Nothing but the lines from the one containing "p) (values t)) ≡ false" to the end of the records below should be output, each exactly as written.

Stored data entries:
+++
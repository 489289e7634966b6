-- ===== src/Subscription/Periods/Disjoint.antt =====
-- src/modules/subscription/repository.ts: that no two periods of a subscription cover one instant.
use wasla_core.Base.{ℕ, some, Bool, true, false, ◌≡◌, sym, subst, [], ◌∷◌, is_some, arith}
use wasla_core.Base.Table.{Table, get, put, values, get-put, IsKeyed, IsKeyed-put, get-keyed}
use wasla_core.Money.Store.{find}
use wasla_core.Platform.Errors.{ok}
use wasla_core.Platform.UnitOfWork.{Scope, defer}
use wasla_core.Subscription.Domain.{SubscriptionPeriod, period_covers}
use wasla_core.Subscription.Periods.{overlaps, write_period, with_period}
use wasla_core.Subscription.Store.{SubscriptionStore}

abbrev pub period_key : SubscriptionPeriod → ℕ
period_key p = p.period_id

-- Of the periods of a subscription, at most one covers an instant.
abbrev pub IsDisjoint : Table SubscriptionPeriod → Type 0
IsDisjoint t =
    (i j at : ℕ) (p q : SubscriptionPeriod)
    → get i t ≡ some p
    → get j t ≡ some q
    → p.subscription_id ≡ q.subscription_id
    → period_covers p at ≡ true
    → period_covers q at ≡ true
    → i ≡ j

-- What a search misses is in no row.
missed-get {ℓ} :
    {V : Type ℓ} (f : V → Bool) (t : Table V) (k : ℕ) (v : V)
    → is_some (find f (values t)) ≡ false
    → get k t ≡ some v
    → f v ≡ false
unfolding values get
missed-get f [] k v h e = ground (arith, e)
missed-get f ((j, w) ∷ t) k v h e = ground (arith, h, e, missed-get f t k v)

write_period-ok :
    (p : SubscriptionPeriod) (sc sc' : Scope SubscriptionStore)
    → write_period p sc ≡ ok sc'
    → (is_some (find (overlaps p) (values sc.store.periods)) ≡ false)
      × (sc'.store ≡ with_period p sc.store)
unfolding write_period defer
write_period-ok p sc sc' h = ground arith

put-IsDisjoint :
    (p : SubscriptionPeriod) (t : Table SubscriptionPeriod)
    → IsKeyed period_key t
    → IsDisjoint t
    → is_some (find (overlaps p) (values t)) ≡ false
    → IsDisjoint (put p.period_id p t)
put-IsDisjoint p t keyed apart h i j at x y e d same c c' =
    let hit_i = missed-get (overlaps p) t i x h in
    let hit_j = missed-get (overlaps p) t j y h in
    let at_i = get-put p.period_id i p t in
    let at_j = get-put p.period_id j p t in
    let key_i = get-keyed period_key i x t keyed in
    let key_j = get-keyed period_key j y t keyed in
    let old = apart i j at x y in
    ground (arith, e, d, same, c, c', hit_i, hit_j, at_i, at_j, key_i, key_j, old)

-- In a table whose rows stand under their identifiers and where at most one period of a subscription covers an
-- instant, a write of a period that the store accepts leaves both so.
pub write_period-IsDisjoint :
    (p : SubscriptionPeriod) (sc sc' : Scope SubscriptionStore)
    → IsKeyed period_key sc.store.periods
    → IsDisjoint sc.store.periods
    → write_period p sc ≡ ok sc'
    → IsKeyed period_key sc'.store.periods × IsDisjoint sc'.store.periods
write_period-IsDisjoint p sc sc' keyed apart h =
    let (free, done) = write_period-ok p sc sc' h in
    subst (λ (s : SubscriptionStore). IsKeyed period_key s.periods × IsDisjoint s.periods)
      (sym done)
      (
        IsKeyed-put period_key p sc.store.periods keyed,
        put-IsDisjoint p sc.store.periods keyed apart free,
      )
+++
=== RESPONSE AREA ===
    → is_some (find (overlaps p) (values t)) ≡ false
    → IsDisjoint (put p.period_id p t)
put-IsDisjoint p t keyed apart h i j at x y e d same c c' =
    let hit_i = missed-get (overlaps p) t i x h in
    let hit_j = missed-get (overlaps p) t j y h in
    let at_i = get-put p.period_id i p t in
    let at_j = get-put p.period_id j p t in
    let key_i = get-keyed period_key i x t keyed in
    let key_j = get-keyed period_key j y t keyed in
    let old = apart i j at x y in
    ground (arith, e, d, same, c, c', hit_i, hit_j, at_i, at_j, key_i, key_j, old)

-- In a table whose rows stand under their identifiers and where at most one period of a subscription covers an
-- instant, a write of a period that the store accepts leaves both so.
pub write_period-IsDisjoint :
    (p : SubscriptionPeriod) (sc sc' : Scope SubscriptionStore)
    → IsKeyed period_key sc.store.periods
    → IsDisjoint sc.store.periods
    → write_period p sc ≡ ok sc'
    → IsKeyed period_key sc'.store.periods × IsDisjoint sc'.store.periods
write_period-IsDisjoint p sc sc' keyed apart h =
    let (free, done) = write_period-ok p sc sc' h in
    subst (λ (s : SubscriptionStore). IsKeyed period_key s.periods × IsDisjoint s.periods)
      (sym done)
      (
        IsKeyed-put period_key p sc.store.periods keyed,
        put-IsDisjoint p sc.store.periods keyed apart free,
      )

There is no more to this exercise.